◆ The task ◆
The expected output is the data below, restated word for word.
#### Provided records ####
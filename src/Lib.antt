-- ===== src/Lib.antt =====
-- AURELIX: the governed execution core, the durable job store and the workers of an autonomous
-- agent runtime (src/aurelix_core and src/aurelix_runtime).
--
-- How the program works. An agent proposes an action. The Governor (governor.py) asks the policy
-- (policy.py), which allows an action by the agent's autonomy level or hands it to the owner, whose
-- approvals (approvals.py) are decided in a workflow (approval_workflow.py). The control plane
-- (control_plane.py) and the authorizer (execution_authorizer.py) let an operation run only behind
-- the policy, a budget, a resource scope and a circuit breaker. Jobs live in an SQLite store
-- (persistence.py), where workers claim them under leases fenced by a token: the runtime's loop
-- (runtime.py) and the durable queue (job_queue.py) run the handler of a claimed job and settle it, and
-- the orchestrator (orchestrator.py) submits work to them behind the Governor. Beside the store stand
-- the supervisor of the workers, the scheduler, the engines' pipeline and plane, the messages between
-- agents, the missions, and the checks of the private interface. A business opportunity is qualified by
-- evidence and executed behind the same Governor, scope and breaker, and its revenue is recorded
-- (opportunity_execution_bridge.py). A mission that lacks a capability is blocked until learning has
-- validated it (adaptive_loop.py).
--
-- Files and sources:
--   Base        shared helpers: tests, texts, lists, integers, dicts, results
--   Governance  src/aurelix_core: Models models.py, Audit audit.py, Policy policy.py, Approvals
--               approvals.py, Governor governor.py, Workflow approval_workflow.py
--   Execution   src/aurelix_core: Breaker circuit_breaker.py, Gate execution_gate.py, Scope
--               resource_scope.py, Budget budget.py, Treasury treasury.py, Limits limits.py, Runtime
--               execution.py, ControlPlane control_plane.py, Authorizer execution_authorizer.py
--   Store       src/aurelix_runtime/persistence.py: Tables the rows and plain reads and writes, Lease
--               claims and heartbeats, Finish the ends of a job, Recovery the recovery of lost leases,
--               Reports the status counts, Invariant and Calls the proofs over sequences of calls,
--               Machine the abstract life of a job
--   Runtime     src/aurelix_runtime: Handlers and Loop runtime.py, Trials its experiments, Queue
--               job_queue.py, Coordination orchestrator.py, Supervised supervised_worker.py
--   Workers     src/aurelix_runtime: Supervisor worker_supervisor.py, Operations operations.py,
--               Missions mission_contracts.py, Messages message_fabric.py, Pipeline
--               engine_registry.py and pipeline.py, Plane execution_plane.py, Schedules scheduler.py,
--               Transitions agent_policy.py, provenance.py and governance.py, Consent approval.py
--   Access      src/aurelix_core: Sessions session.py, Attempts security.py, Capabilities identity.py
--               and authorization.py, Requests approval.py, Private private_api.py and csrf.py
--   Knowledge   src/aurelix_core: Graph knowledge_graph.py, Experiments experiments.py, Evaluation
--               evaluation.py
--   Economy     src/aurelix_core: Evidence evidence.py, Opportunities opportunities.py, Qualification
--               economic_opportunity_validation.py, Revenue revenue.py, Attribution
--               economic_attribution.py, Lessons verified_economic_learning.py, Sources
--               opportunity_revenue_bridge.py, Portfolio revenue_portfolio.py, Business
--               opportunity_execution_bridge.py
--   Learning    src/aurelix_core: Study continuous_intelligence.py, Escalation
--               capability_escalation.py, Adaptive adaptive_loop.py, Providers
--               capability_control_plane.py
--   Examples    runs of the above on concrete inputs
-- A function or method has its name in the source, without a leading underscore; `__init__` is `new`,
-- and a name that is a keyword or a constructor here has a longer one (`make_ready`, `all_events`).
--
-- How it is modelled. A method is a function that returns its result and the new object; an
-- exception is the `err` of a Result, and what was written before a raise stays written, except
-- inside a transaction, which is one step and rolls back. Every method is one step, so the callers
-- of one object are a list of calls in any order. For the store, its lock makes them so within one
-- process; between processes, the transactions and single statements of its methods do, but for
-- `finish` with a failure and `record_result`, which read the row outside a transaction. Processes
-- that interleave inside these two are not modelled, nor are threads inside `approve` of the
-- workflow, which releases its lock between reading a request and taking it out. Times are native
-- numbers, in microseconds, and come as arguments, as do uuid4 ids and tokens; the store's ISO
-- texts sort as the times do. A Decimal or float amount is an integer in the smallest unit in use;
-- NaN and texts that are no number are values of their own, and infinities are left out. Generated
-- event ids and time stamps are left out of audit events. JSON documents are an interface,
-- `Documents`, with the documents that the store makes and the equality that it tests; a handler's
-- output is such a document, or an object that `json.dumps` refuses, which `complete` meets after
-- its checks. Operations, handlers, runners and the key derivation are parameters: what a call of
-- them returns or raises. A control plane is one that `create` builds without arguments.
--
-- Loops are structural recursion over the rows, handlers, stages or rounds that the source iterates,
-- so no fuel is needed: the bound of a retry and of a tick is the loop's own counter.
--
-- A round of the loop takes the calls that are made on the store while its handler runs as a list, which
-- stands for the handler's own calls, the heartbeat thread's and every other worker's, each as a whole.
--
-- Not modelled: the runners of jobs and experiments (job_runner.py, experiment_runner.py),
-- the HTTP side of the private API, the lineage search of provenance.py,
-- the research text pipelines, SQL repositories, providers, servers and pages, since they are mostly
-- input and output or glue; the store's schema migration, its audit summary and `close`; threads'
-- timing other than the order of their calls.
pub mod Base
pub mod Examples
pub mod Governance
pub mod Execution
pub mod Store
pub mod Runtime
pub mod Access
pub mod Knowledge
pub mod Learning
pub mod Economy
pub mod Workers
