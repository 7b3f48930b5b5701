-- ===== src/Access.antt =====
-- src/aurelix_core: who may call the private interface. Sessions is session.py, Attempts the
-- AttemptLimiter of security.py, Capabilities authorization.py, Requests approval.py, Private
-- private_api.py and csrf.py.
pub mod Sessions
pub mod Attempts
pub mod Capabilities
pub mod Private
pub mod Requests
####
◆ Result for this exercise ◆
filename src/Lib.antt
-- ===== src/Lib.antt =====
-- AURELIX: the governed execution core, the durable job store and the workers of an autonomous
-- agent runtime (src/aurelix_core and src/aurelix_runtime).
--
-- How the program works. An agent proposes an action. The Governor (governor.py) asks the policy
-- (policy.py), which allows an action by the agent's autonomy level or hands it to the owner, whose
-- approvals (approvals.py) are decided in a workflow (approval_workflow.py). The control plane
-- (control_plane.py) and the authorizer (execution_authorizer.py) let an operation run only behind
-- the policy, a budget, a resource scope and a circuit breaker. Jobs live in an SQLite store
-- (persistence.py), where workers claim them under leases fenced by a token: the runtime's loop
-- (runtime.py) and the durable queue (job_queue.py) run the handler of a claimed job and settle it, and
-- the orchestrator (orchestrator.py) submits work to them behind the Governor. Beside the store stand
-- the supervisor of the workers, the scheduler, the engines' pipeline and plane, the messages between
-- agents, the missions, and the checks of the private interface. A business opportunity is qualified by
-- evidence and executed behind the same Governor, scope and breaker, and its revenue is recorded
-- (opportunity_execution_bridge.py). A mission that lacks a capability is blocked until learning has
-- validated it (adaptive_loop.py).
--
-- Files and sources:
--   Base        shared helpers: tests, texts, lists, integers, dicts, results
--   Governance  src/aurelix_core: Models models.py, Audit audit.py, Policy policy.py, Approvals
--               approvals.py, Governor governor.py, Workflow approval_workflow.py
--   Execution   src/aurelix_core: Breaker circuit_breaker.py, Gate execution_gate.py, Scope
--               resource_scope.py, Budget budget.py, Treasury treasury.py, Limits limits.py, Runtime
--               execution.py, ControlPlane control_plane.py, Authorizer execution_authorizer.py
--   Store       src/aurelix_runtime/persistence.py: Tables the rows and plain reads and writes, Lease
--               claims and heartbeats, Finish the ends of a job, Recovery the recovery of lost leases,
--               Reports the status counts, Invariant and Calls the proofs over sequences of calls,
--               Machine the abstract life of a job
--   Runtime     src/aurelix_runtime: Handlers and Loop runtime.py, Trials its experiments, Queue
--               job_queue.py, Coordination orchestrator.py, Supervised supervised_worker.py
--   Workers     src/aurelix_runtime: Supervisor worker_supervisor.py, Operations operations.py,
--               Missions mission_contracts.py, Messages message_fabric.py, Pipeline
--               engine_registry.py and pipeline.py, Plane execution_plane.py, Schedules scheduler.py,
--               Transitions agent_policy.py, provenance.py and governance.py, Consent approval.py
--   Access      src/aurelix_core: Sessions session.py, Attempts security.py, Capabilities identity.py
--               and authorization.py, Requests approval.py, Private private_api.py and csrf.py
--   Knowledge   src/aurelix_core: Graph knowledge_graph.py, Experiments experiments.py, Evaluation
--               evaluation.py
--   Economy     src/aurelix_core: Evidence evidence.py, Opportunities opportunities.py, Qualification
--               economic_opportunity_validation.py, Revenue revenue.py, Attribution
--               economic_attribution.py, Lessons verified_economic_learning.py, Sources
--               opportunity_revenue_bridge.py, Portfolio revenue_portfolio.py, Business
--               opportunity_execution_bridge.py
--   Learning    src/aurelix_core: Study continuous_intelligence.py, Escalation
--               capability_escalation.py, Adaptive adaptive_loop.py, Providers
--               capability_control_plane.py
--   Examples    runs of the above on concrete inputs
-- A function or method has its name in the source, without a leading underscore; `__init__` is `new`,
-- and a name that is a keyword or a constructor here has a longer one (`make_ready`, `all_events`).
--
-- How it is modelled. A method is a function that returns its result and the new object; an
-- exception is the `err` of a Result, and what was written before a raise stays written, except
-- inside a transaction, which is one step and rolls back. Every method is one step, so the callers
-- of one object are a list of calls in any order. For the store, its lock makes them so within one
-- process; between processes, the transactions and single statements of its methods do, but for
-- `finish` with a failure and `record_result`, which read the row outside a transaction. Processes
-- that interleave inside these two are not modelled, nor are threads inside `approve` of the
-- workflow, which releases its lock between reading a request and taking it out. Times are native
-- numbers, in microseconds, and come as arguments, as do uuid4 ids and tokens; the store's ISO
-- texts sort as the times do. A Decimal or float amount is an integer in the smallest unit in use;
-- NaN and texts that are no number are values of their own, and infinities are left out. Generated
-- event ids and time stamps are left out of audit events. JSON documents are an interface,
-- `Documents`, with the documents that the store makes and the equality that it tests; a handler's
-- output is such a document, or an object that `json.dumps` refuses, which `complete` meets after
-- its checks. Operations, handlers, runners and the key derivation are parameters: what a call of
-- them returns or raises. A control plane is one that `create` builds without arguments.
--
-- Loops are structural recursion over the rows, handlers, stages or rounds that the source iterates,
-- so no fuel is needed: the bound of a retry and of a tick is the loop's own counter.
--
-- A round of the loop takes the calls that are made on the store while its handler runs as a list, which
-- stands for the handler's own calls, the heartbeat thread's and every other worker's, each as a whole.
--
-- Not modelled: the runners of jobs and experiments (job_runner.py, experiment_runner.py),
-- the HTTP side of the private API, the lineage search of provenance.py,
-- the research text pipelines, SQL repositories, providers, servers and pages, since they are mostly
-- input and output or glue; the store's schema migration, its audit summary and `close`; threads'
-- timing other than the order of their calls.
pub mod Base
pub mod Examples
pub mod Governance
pub mod Execution
pub mod Store
pub mod Runtime
pub mod Access
pub mod Knowledge
pub mod Learning
pub mod Economy
pub mod Workers
repository 7b3f48930b5b5701
-- ===== src/Access.antt =====
-- src/aurelix_core: who may call the private interface. Sessions is session.py, Attempts the
-- AttemptLimiter of security.py, Capabilities authorization.py, Requests approval.py, Private
-- private_api.py and csrf.py.
pub mod Sessions
pub mod Attempts
pub mod Capabilities
pub mod Private
pub mod Requests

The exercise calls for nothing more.